Find every line in the records that holds the string "reads". Copy each one.

══════════════════════════════

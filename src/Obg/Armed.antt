-- ===== src/Obg/Armed.antt =====
-- A register file armed by `arm_register_file` gives the driver that was asked for.
use otap_signup_validator.Common.{
  ℕ, ◌^◌, ◌<◌, ◌≡◌, ◌≢◌, ◌∙◌, sym, true, false, refl, arith, List, IsArray, Bool, ok, inl,
}
use otap_signup_validator.Common.Int.{pos}
use otap_signup_validator.Core.Float.{Float32}
use otap_signup_validator.Core.Dimensions.{Wavelength, IsChannel}
use otap_signup_validator.Crypto.Secret.{new_secret}
use otap_signup_validator.Csr.Registers.{
  RegisterFile, IsRegisterFile, reg_wavelength, reg_ctrl, reg_auth_tolerance, reg_secret_valid,
}
use otap_signup_validator.Csr.Writer.{
  set_wavelength, set_secret, set_ctrl, set_auth_tolerance, milliradians,
}
use otap_signup_validator.Csr.View.{ctrl, auth_tolerance}
use otap_signup_validator.Csr.Access.{
  IsRegister, word_at, put, read_u32_at, write_u32_at, put-IsRegisterFile, word_at-put_self,
  word_at-put_ne, SameBelow,
}
use otap_signup_validator.Csr.Channel.{wavelength-IsRegister, wavelength_held}
use otap_signup_validator.Csr.Secret.{
  HoldsSecret, set_secret-SecretSet, shared_secret_held, secret_flag-IsRegister,
  secret_register-IsRegister,
}
use otap_signup_validator.Csr.PayloadTable.{set_schema_payload_below}
use otap_signup_validator.Csr.OamTable.{set_oam_to_schema_below}
use otap_signup_validator.Schema.EquityOrder.{order_oam_mode, order_payload_bytes}
use otap_signup_validator.Schema.MarketTick.{tick_oam_mode, tick_payload_bytes}
use otap_signup_validator.Schema.Heartbeat.{heartbeat_oam_mode, heartbeat_payload_bytes}
use otap_signup_validator.Obg.Driver.{auth_mode_of, driver_with, from_csr}
use otap_signup_validator.Obg.Arm.{arm_ctrl, register_schemas, arm_register_file}

pub ctrl-IsRegister : IsRegister reg_ctrl
ctrl-IsRegister = record { inside = omega arith; aligned = refl }

pub tolerance-IsRegister : IsRegister reg_auth_tolerance
tolerance-IsRegister = record { inside = omega arith; aligned = refl }

-- The registers that `from_csr` reads.
pub record Configured (rf : RegisterFile) (w : Wavelength) (s : List ℕ) (control_word mrad : ℕ)
    : Type 0 where
  pub valid : IsRegisterFile rf
  pub wavelength : word_at rf reg_wavelength ≡ w.channel
  pub control : word_at rf reg_ctrl ≡ control_word
  pub tolerance : word_at rf reg_auth_tolerance ≡ mrad
  pub secret : HoldsSecret rf s

pub Configured-SameBelow :
    {rf rf' : RegisterFile} {w : Wavelength} {s : List ℕ} {control mrad : ℕ}
    → Configured rf w s control mrad
    → IsRegisterFile rf'
    → SameBelow rf rf'
    → Configured rf' w s control mrad
Configured-SameBelow c valid same = record {
  valid = valid;
  wavelength = same reg_wavelength wavelength-IsRegister (omega arith) ∙ c.wavelength;
  control = same reg_ctrl ctrl-IsRegister (omega arith) ∙ c.control;
  tolerance = same reg_auth_tolerance tolerance-IsRegister (omega arith) ∙ c.tolerance;
  secret = record {
    flag = same reg_secret_valid secret_flag-IsRegister (omega arith) ∙ c.secret.flag;
    words = λ j h. same _ (secret_register-IsRegister j h) (omega arith) ∙ c.secret.words j h;
  };
}

register_schemas_below :
    (rf : RegisterFile)
    → IsRegisterFile rf
    → (rf' : RegisterFile) × (register_schemas rf ≡ ok rf') × IsRegisterFile rf' × SameBelow rf rf'
unfolding register_schemas
register_schemas_below rf valid =
    let (rf₁, e₁, v₁, s₁) =
      set_schema_payload_below rf 1 order_payload_bytes valid (omega arith) (omega arith) in
    let (rf₂, e₂, v₂, s₂) =
      set_schema_payload_below rf₁ 2 tick_payload_bytes v₁ (omega arith) (omega arith) in
    let (rf₃, e₃, v₃, s₃) =
      set_schema_payload_below rf₂ 3 heartbeat_payload_bytes v₂ (omega arith) (omega arith) in
    let (rf₄, e₄, v₄, s₄) =
      set_oam_to_schema_below rf₃ order_oam_mode 1 v₃ (omega arith) (omega arith) in
    let (rf₅, e₅, v₅, s₅) =
      set_oam_to_schema_below rf₄ tick_oam_mode 2 v₄ (omega arith) (omega arith) in
    let (rf₆, e₆, v₆, s₆) =
      set_oam_to_schema_below rf₅ heartbeat_oam_mode 3 v₅ (omega arith) (omega arith) in
    (
      rf₆,
      rw (e₁, e₂, e₃, e₄, e₅, e₆),
      v₆,
      λ p h b. s₆ p h b ∙ s₅ p h b ∙ s₄ p h b ∙ s₃ p h b ∙ s₂ p h b ∙ s₁ p h b,
    )

pub arm_ctrl-lt : (topological_auth : Bool) → arm_ctrl topological_auth < 2 ^ 32
arm_ctrl-lt true = omega arith
arm_ctrl-lt false = omega arith

-- The four writes of `arm_register_file` before it registers the schemas.
pub Configured-writes :
    (rf : RegisterFile) (w : Wavelength) (s : List ℕ) (control_word mrad : ℕ)
    → control_word < 2 ^ 32
    → mrad < 2 ^ 32
    → IsRegisterFile rf
    → IsChannel w
    → IsArray 32 s
    → (rf₂ : RegisterFile) × (set_secret (put rf reg_wavelength w.channel) s ≡ ok rf₂)
      × Configured
          (put (put rf₂ reg_ctrl control_word) reg_auth_tolerance mrad)
          w
          s
          control_word
          mrad
Configured-writes rf w s control_word mrad hc hm valid hw hs =
    let rf₁ = put rf reg_wavelength w.channel in
    let v₁ = put-IsRegisterFile rf reg_wavelength w.channel (omega arith) valid in
    let (rf₂, done) = set_secret-SecretSet rf₁ s v₁ hs in
    let rf₃ = put rf₂ reg_ctrl control_word in
    let v₃ = put-IsRegisterFile rf₂ reg_ctrl control_word hc done.valid in
    let kept : (p : ℕ)
        → IsRegister p
        → p ≢ reg_ctrl
        → p ≢ reg_auth_tolerance
        → word_at (put rf₃ reg_auth_tolerance mrad) p ≡ word_at rf₂ p =
      λ p h n m.
        word_at-put_ne rf₃ reg_auth_tolerance p mrad tolerance-IsRegister h (λ e. m (sym e))
        ∙ word_at-put_ne rf₂ reg_ctrl p control_word ctrl-IsRegister h (λ e. n (sym e)) in
    (
      rf₂,
      done.returns,
      record {
        valid = put-IsRegisterFile rf₃ reg_auth_tolerance mrad hm v₃;
        wavelength =
            kept reg_wavelength wavelength-IsRegister (omega arith) (omega arith)
            ∙ done.others reg_wavelength wavelength-IsRegister (inl (omega arith))
            ∙ word_at-put_self rf reg_wavelength w.channel wavelength-IsRegister valid;
        control =
            word_at-put_ne rf₃ reg_auth_tolerance reg_ctrl mrad tolerance-IsRegister ctrl-IsRegister
              (omega arith)
            ∙ word_at-put_self rf₂ reg_ctrl control_word ctrl-IsRegister done.valid;
        tolerance = word_at-put_self rf₃ reg_auth_tolerance mrad tolerance-IsRegister v₃;
        secret = record {
          flag =
              kept reg_secret_valid secret_flag-IsRegister (omega arith) (omega arith)
              ∙ done.holds.flag;
          words = λ j h.
              kept _ (secret_register-IsRegister j h) (omega arith) (omega arith)
              ∙ done.holds.words j h;
        };
      },
    )

module _ (F : Type 0) ⦃fl : Float32 F⦄ where
  -- The tolerance that the driver reads for a register value.
  abbrev pub tolerance_of : ℕ → F
  tolerance_of mrad = fl.div (fl.of_u32 mrad) (fl.literal (pos 1000) 0)

  pub milliradians-lt :
      ((x : F) → fl.to_u32 x < 2 ^ 32) → (radians : F) → milliradians radians < 2 ^ 32
  unfolding milliradians
  milliradians-lt cast radians = cast _

  pub from_csr-Configured :
      (rf : RegisterFile) (w : Wavelength) (s : List ℕ) (control mrad : ℕ)
      → IsChannel w
      → IsArray 32 s
      → Configured rf w s control mrad
      → from_csr rf ≡ ok (driver_with (new_secret s) w (auth_mode_of control (tolerance_of mrad)))
  unfolding from_csr ctrl auth_tolerance
  from_csr-Configured rf w s control mrad hw hs c = rw (
    wavelength_held rf w hw c.wavelength,
    shared_secret_held rf s hs c.secret,
    read_u32_at rf reg_ctrl ctrl-IsRegister,
    c.control,
    read_u32_at rf reg_auth_tolerance tolerance-IsRegister,
    c.tolerance,
  )

  -- Where the cast to `u32` gives numbers below 2^32, arming a well-formed register file with a
  -- wavelength up to `MAX_CHANNEL` and a key of 32 bytes succeeds and keeps it well formed. The
  -- driver read back from it is bound to that wavelength and that key, in its encoder, which starts
  -- at sequence 0, and in its decoder, with the mode of the control word and the tolerance that
  -- were written.
  pub from_csr-arm_register_file :
      (rf : RegisterFile) (w : Wavelength) (s : List ℕ) (topological_auth : Bool)
      → ((x : F) → fl.to_u32 x < 2 ^ 32)
      → IsRegisterFile rf
      → IsChannel w
      → IsArray 32 s
      → (rf' : RegisterFile) × (arm_register_file F rf w s topological_auth ≡ ok rf')
        × IsRegisterFile rf'
        × (from_csr rf'
            ≡ ok (
                driver_with (new_secret s) w (
                  auth_mode_of
                    (arm_ctrl topological_auth)
                    (tolerance_of (milliradians (fl.literal (pos 1) 2))))))
  unfolding arm_register_file set_wavelength set_ctrl set_auth_tolerance
  from_csr-arm_register_file rf w s topological_auth cast valid hw hs =
      let control_word = arm_ctrl topological_auth in
      let mrad = milliradians (fl.literal (pos 1) 2) in
      let (rf₂, secret_set, c) =
        Configured-writes rf w s control_word mrad (arm_ctrl-lt topological_auth)
          (milliradians-lt cast _) valid hw hs in
      let rf₃ = put rf₂ reg_ctrl control_word in
      let (rf', registered, valid', same) =
        register_schemas_below (put rf₃ reg_auth_tolerance mrad) c.valid in
      (
        rf',
        rw
            (
              write_u32_at rf reg_wavelength w.channel wavelength-IsRegister,
              secret_set,
              write_u32_at rf₂ reg_ctrl control_word ctrl-IsRegister,
              write_u32_at rf₃ reg_auth_tolerance mrad tolerance-IsRegister,
            )
            registered,
        valid',
        from_csr-Configured rf' w s control_word mrad hw hs (Configured-SameBelow c valid' same),
      )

══════════════════════════════

▶ **ANSWER TO THIS EXERCISE**
-- The registers that `from_csr` reads.
  -- The tolerance that the driver reads for a register value.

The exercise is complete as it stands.